### Task directions
Find every line in the entries that holds the string "fine" and report it.

### Source data
-- ===== src/Errors.antt =====
-- Go's `error` values and the texts that end up in a run's status.
--
-- A formatted text is kept as its format and its arguments (`fmt.Sprintf`, `fmt.Errorf`), since the
-- program never looks into one; it only tests a message for being empty. Chains of errors keep
-- their structure, which `errors.Is` and `errors.As` read.
use fusion_wizard.Prelude.{
  ℕ, Bool, true, false, ◌||◌, ◌&&◌, not, String, List, [], ◌∷◌, Text, is_empty, leb, ◌==◌,
  if◌then◌else◌,
}

mutual
  pub data Message : Type 0 where
    text : Text → Message
    format : String → Args → Message
    -- two messages with ": " between them
    colon : Message → Message → Message
    -- two messages on lines of their own
    lines : Message → Message → Message

  pub data Args : Type 0 where
    end : Args
    text_arg : Text → Args → Args
    number_arg : ℕ → Args → Args
    message_arg : Message → Args → Args

pub record ApiError : Type 0 where
  pub service : Text
  pub method : Text
  pub path : Text
  -- 0 when no response was received
  pub status : ℕ
  pub message : Text

-- `errors.New` and `fmt.Errorf` without `%w` are `plain`; `fmt.Errorf("…: %w")` is `wrap`;
-- `errors.Join` of several errors is `join`.
pub data Error : Type 0 where
  err_terminating err_not_found err_exists : Error
  -- the API server's answers, with their texts: NotFound, AlreadyExists, Conflict, any other
  no_object object_exists update_conflict cluster_failure : Text → Error
  upstream : ApiError → Error
  permanent : Error → Error
  plain : Message → Error
  wrap : Message → Error → Error
  join : Error → Error → Error

-- a joined error of every error of a list, none of an empty one
pub data Joined : Type 0 where
  fine : Joined
  problems : Error → Joined

unfoldable pub join_all : List Error → Joined
join_all [] = fine
join_all (e ∷ es) = elim (join_all es) [
  | fine ↦ problems e
  | problems rest ↦ problems (join e rest)
]

-- Whether the first error of the chain that is an upstream failure satisfies `p`, as `errors.As`
-- finds it: a wrapped error before what it wraps, joined errors in order.
unfoldable pub first_upstream : Error → List ApiError
first_upstream (upstream a) = a ∷ []
first_upstream (permanent e) = first_upstream e
first_upstream (wrap m e) = first_upstream e
first_upstream (join e f) = elim (first_upstream e) [ [] ↦ first_upstream f | a ∷ r ↦ a ∷ r ]
first_upstream _ = []

-- `errors.As(err, &pe)` for a `*PermanentError`
unfoldable pub has_permanent : Error → Bool
has_permanent (permanent e) = true
has_permanent (wrap m e) = has_permanent e
has_permanent (join e f) = has_permanent e || has_permanent f
has_permanent _ = false

-- `errors.Is` with the sentinels of the ledger
unfoldable pub is_terminating : Error → Bool
is_terminating err_terminating = true
is_terminating (permanent e) = is_terminating e
is_terminating (wrap m e) = is_terminating e
is_terminating (join e f) = is_terminating e || is_terminating f
is_terminating _ = false

unfoldable pub is_err_not_found : Error → Bool
is_err_not_found err_not_found = true
is_err_not_found (permanent e) = is_err_not_found e
is_err_not_found (wrap m e) = is_err_not_found e
is_err_not_found (join e f) = is_err_not_found e || is_err_not_found f
is_err_not_found _ = false

unfoldable pub is_err_exists : Error → Bool
is_err_exists err_exists = true
is_err_exists (permanent e) = is_err_exists e
is_err_exists (wrap m e) = is_err_exists e
is_err_exists (join e f) = is_err_exists e || is_err_exists f
is_err_exists _ = false

-- `errors.Is(err, upstream.ErrNotFound)` and `upstream.ErrConflict`: some `APIError` of the chain
-- has the status (`APIError.Is`).
abbrev pub status_is : ℕ → ApiError → Bool
status_is n a = a.status == n

unfoldable pub is_status : ℕ → Error → Bool
is_status n (upstream a) = status_is n a
is_status n (permanent e) = is_status n e
is_status n (wrap m e) = is_status n e
is_status n (join e f) = is_status n e || is_status n f
is_status n _ = false

-- `IsTransient` of upstream/client.go
abbrev pub transient_status : ℕ → Bool
transient_status s = s == 0 || s == 429 || leb 500 s

abbrev any_transient : List ApiError → Bool
any_transient [] = false
any_transient (a ∷ r) = transient_status a.status

unfoldable pub is_transient : Error → Bool
is_transient e = any_transient (first_upstream e)

-- `IsPermanent` of steps/step.go
unfoldable pub is_permanent : Error → Bool
unfolding is_transient has_permanent first_upstream
is_permanent e = has_permanent e || (not (is_empty (first_upstream e)) && not (is_transient e))

-- `(*APIError).Error`
unfoldable pub api_error_message : ApiError → Message
api_error_message a =
    if a.status == 0
    then format "%s: %s %s: %s"
        (text_arg a.service (text_arg a.method (text_arg a.path (text_arg a.message end))))
    else if is_empty a.message
    then format "%s: %s %s: HTTP %d"
        (text_arg a.service (text_arg a.method (text_arg a.path (number_arg a.status end))))
    else format "%s: %s %s: HTTP %d: %s" (
        text_arg a.service
          (text_arg a.method (text_arg a.path (number_arg a.status (text_arg a.message end)))))

-- `err.Error()`; the sentinels have their constant texts
unfoldable pub error_message : Error → Message
unfolding api_error_message
error_message err_terminating = format "ledger entry is being deleted" end
error_message err_not_found = format "ledger entry not found" end
error_message err_exists = format "ledger entry already exists" end
error_message (no_object t) = text t
error_message (object_exists t) = text t
error_message (update_conflict t) = text t
error_message (cluster_failure t) = text t
error_message (upstream a) = api_error_message a
error_message (permanent e) = error_message e
error_message (plain m) = m
error_message (wrap m e) = colon m (error_message e)
error_message (join e f) = lines (error_message e) (error_message f)

-- `m == ""`
unfoldable pub is_blank : Message → Bool
is_blank (text t) = is_empty t
is_blank _ = false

### Output for this exercise
  fine : Joined
join_all [] = fine
  | fine ↦ problems e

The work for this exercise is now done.